At the exhibition the health-care advice of the time is quoted: “ ‘I was told not to use the Laundromat,’ reports one woman who remembers well the confusion of these years. ‘Who cuts your hair?’ another was asked by her doctor. In June 1983 the executive director of the New York State Funeral Directors Association urged members to adopt a 60-day moratorium on embalming AIDS victims.”
The exhibition treats this as a form of hysteria, but that assessment should be tempered. In 1983 it was not clear how the virus spread. Some fear may have even been rational; health-care workers had, after all, become one of the groups widely infected with hepatitis B.
Still, there was good reason to believe that some resistance to allocating funds or attention or newsprint to the onset of AIDS was because of homophobia. The exhibition also points out, “Medical and public health professionals at the New York City Department of Health were among the first to detect the AIDS infections, yet the city was slow to respond to the crisis.” It thus tends to side with Mr. Kramer, the activist and writer who, among others, blamed Mayor Edward I. Koch for not doing enough in the early years.

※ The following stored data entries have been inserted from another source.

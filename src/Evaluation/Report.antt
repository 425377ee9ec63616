-- ===== src/Evaluation/Report.antt =====
-- `EvalReport`, its summary and the exit code of run_eval.py. A rate is an exact quotient.
use stock_analyst.Shared.{
  ℕ, suc, ◌+◌, Text, List, [], ◌∷◌, map, Bool, true, not, length, filter_by, length-filter_by-le,
  All, Raises, ok, >>=-eq-ok, ◌>>=◌, ok-injective, ◌==◌, if◌then◌else◌, Bool-cases, ◌≡◌, ◌≢◌, ◌↔◌,
  inl, inr, refl, sym, ap, ◌∙◌, subst, arith,
}
use stock_analyst.Evaluation.{Case, CaseResult}
use stock_analyst.Evaluation.Cases.{run_all}

-- `over / under`
pub record Rate : Type 0 where
  pub over : ℕ
  pub under : ℕ

abbrev zero_rate : Rate
zero_rate = record { over = 0; under = 1 }

unfoldable pub total_of : (CaseResult → ℕ) → List CaseResult → ℕ
total_of f [] = 0
total_of f (r ∷ rs) = f r + total_of f rs

abbrev case_passed : CaseResult → Bool
case_passed r = r.passed

-- `pass_rate`
unfoldable pub pass_rate : List CaseResult → Rate
pass_rate [] = zero_rate
pass_rate (r ∷ rs) = record {
  over = length (filter_by case_passed (r ∷ rs));
  under = length (r ∷ rs);
}

-- `hallucination_rate`
unfoldable pub hallucination_rate : List CaseResult → Rate
hallucination_rate rs =
    let citations = total_of (λ r. r.citations_found) rs in
    if citations == 0
    then zero_rate
    else record { over = total_of (λ r. r.hallucination_count) rs; under = citations }

-- `total_paraphrase_warnings`
unfoldable pub total_paraphrase_warnings : List CaseResult → ℕ
total_paraphrase_warnings = total_of (λ r. r.paraphrase_count)

-- `failed_case_ids` of the summary
unfoldable pub failed_case_ids : List CaseResult → List Text
failed_case_ids rs = map (λ (r : CaseResult). r.test_id) (filter_by (λ r. not r.passed) rs)

-- `main`: 0 where the pass rate is 1.0
unfoldable pub exit_code : List CaseResult → ℕ
exit_code rs = let rate = pass_rate rs in if rate.over == rate.under then 0 else 1

-- A case that was run, and passed.
abbrev pub HasPassed : (Case → Raises CaseResult) → Case → Type 0
HasPassed run c = (r : CaseResult) × (run c ≡ ok r) × (r.passed ≡ true)

abbrev AllPassed : List CaseResult → Type 0
AllPassed = All (λ r. r.passed ≡ true)

full-AllPassed :
    (rs : List CaseResult) → length (filter_by case_passed rs) ≡ length rs → AllPassed rs
full-AllPassed [] h = tt
full-AllPassed (r ∷ rs) h = elim (Bool-cases r.passed) [
  | inl good ↦ (good, full-AllPassed rs (ground (arith, good, h)))
  | inr bad ↦ absurd (grind (arith, bad, h, length-filter_by-le case_passed rs))
]

AllPassed-full :
    (rs : List CaseResult) → AllPassed rs → length (filter_by case_passed rs) ≡ length rs
AllPassed-full [] h = refl
AllPassed-full (r ∷ rs) (good, h) = rw good (ap suc (AllPassed-full rs h))

exit_code_iff : (rs : List CaseResult) → (exit_code rs ≡ 0) ↔ ((rs ≢ []) × AllPassed rs)
unfolding exit_code pass_rate
exit_code_iff [] = (λ h. absurd (ground arith), λ h. absurd (h.0 refl))
exit_code_iff (r ∷ rs) = (
  λ h. (λ e. cc, full-AllPassed (r ∷ rs) (ground arith)),
  λ (some_run, h). rw (exit_code, pass_rate, AllPassed-full (r ∷ rs) h) (ground arith),
)

-- The results are those of the cases, in order.
data Runs (run : Case → Raises CaseResult) : List Case → List CaseResult → Type 0 where
  none_left : Runs run [] []
  ran :
      {c : Case} {r : CaseResult} {cs : List Case} {rs : List CaseResult}
      → run c ≡ ok r
      → Runs run cs rs
      → Runs run (c ∷ cs) (r ∷ rs)

run_all-Runs :
    (run : Case → Raises CaseResult) (cs : List Case) {rs : List CaseResult}
    → run_all run cs ≡ ok rs
    → Runs run cs rs
unfolding run_all
run_all-Runs run [] {rs} h = subst (Runs run []) (ok-injective [] rs h) none_left
run_all-Runs run (c ∷ cs) {rs} h =
    let (r, first, others) = >>=-eq-ok (run c) (λ r. run_all run cs >>= (λ rs. ok (r ∷ rs))) h in
    let (qs, ran_all, same) = >>=-eq-ok (run_all run cs) (λ rs. ok (r ∷ rs)) others in
    subst (Runs run (c ∷ cs)) (ok-injective (r ∷ qs) rs same)
      (ran first (run_all-Runs run cs ran_all))

Runs-HasPassed :
    {run : Case → Raises CaseResult} {cs : List Case} {rs : List CaseResult}
    → Runs run cs rs
    → AllPassed rs
    → All (HasPassed run) cs
Runs-HasPassed none_left p = tt
Runs-HasPassed (ran first h) (good, p) = ((_, first, good), Runs-HasPassed h p)

Runs-AllPassed :
    {run : Case → Raises CaseResult} {cs : List Case} {rs : List CaseResult}
    → Runs run cs rs
    → All (HasPassed run) cs
    → AllPassed rs
Runs-AllPassed none_left p = tt
Runs-AllPassed (ran {r = r} first h) ((q, again, good), p) = (
  ap (λ (x : CaseResult). x.passed) (ok-injective r q (sym first ∙ again)) ∙ good,
  Runs-AllPassed h p,
)

Runs-empty :
    {run : Case → Raises CaseResult} {cs : List Case} {rs : List CaseResult}
    → Runs run cs rs
    → (rs ≢ []) ↔ (cs ≢ [])
Runs-empty none_left = (λ f. absurd (f refl), λ f. absurd (f refl))
Runs-empty (ran first h) = (λ f e. cc, λ f e. cc)

-- Where a run of the dataset returns results, the exit code is 0 exactly if the dataset has a case
-- and every case of it was run and passed.
pub exit_code-run_all :
    (run : Case → Raises CaseResult) (cs : List Case) {rs : List CaseResult}
    → run_all run cs ≡ ok rs
    → (exit_code rs ≡ 0) ↔ ((cs ≢ []) × All (HasPassed run) cs)
exit_code-run_all run cs {rs} h =
    let runs = run_all-Runs run cs h in
    let same = Runs-empty runs in
    (
      λ z. let (some_run, p) = (exit_code_iff rs).0 z in (same.0 some_run, Runs-HasPassed runs p),
      λ (some_case, p). (exit_code_iff rs).1 (same.1 some_case, Runs-AllPassed runs p),
    )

It would have been helpful, though, if the exhibition led viewers to better understand the level of uncertainty and ignorance about what was happening. Public policy proposals — requiring blood banks, say, to screen donors, or posting warnings in gay bathhouses (or closing them) — were challenged by blood banks and gay leaders because at the time suspicion exceeded proof about the disease’s transmission. And suspicion seemed a recurring sensation among all drawn into this tragedy, not least among the dying.
So much has been written about AIDS that it would have also have been helpful, despite the exhibition’s title, to step back from the hysteria and desperation of those early years. How did reactions to AIDS compare with other epidemics in history, which have always been associated with alien social intrusions: Jews with the Black Death, immigrants with influenza?
And more too might have been included in an epilogue: perhaps something about recent signs of a possible cure; or some inkling of the enormous impact of drugs in the mid-’90s that are holding the virus in check; or some discussion about the current world pandemic, with tens of millions infected.
But despite its limitations, the exhibition brings to life a period when AIDS began to infect not just the body but the body politic. And it ends with the death of Rock Hudson on Oct. 2, 1985, when “knowledge of the epidemic moved from the margins of society to a wider world.” By the end of that year 3,766 New Yorkers had died of AIDS, just a bit more, we learn, than the number of new infections diagnosed in the city in 2010.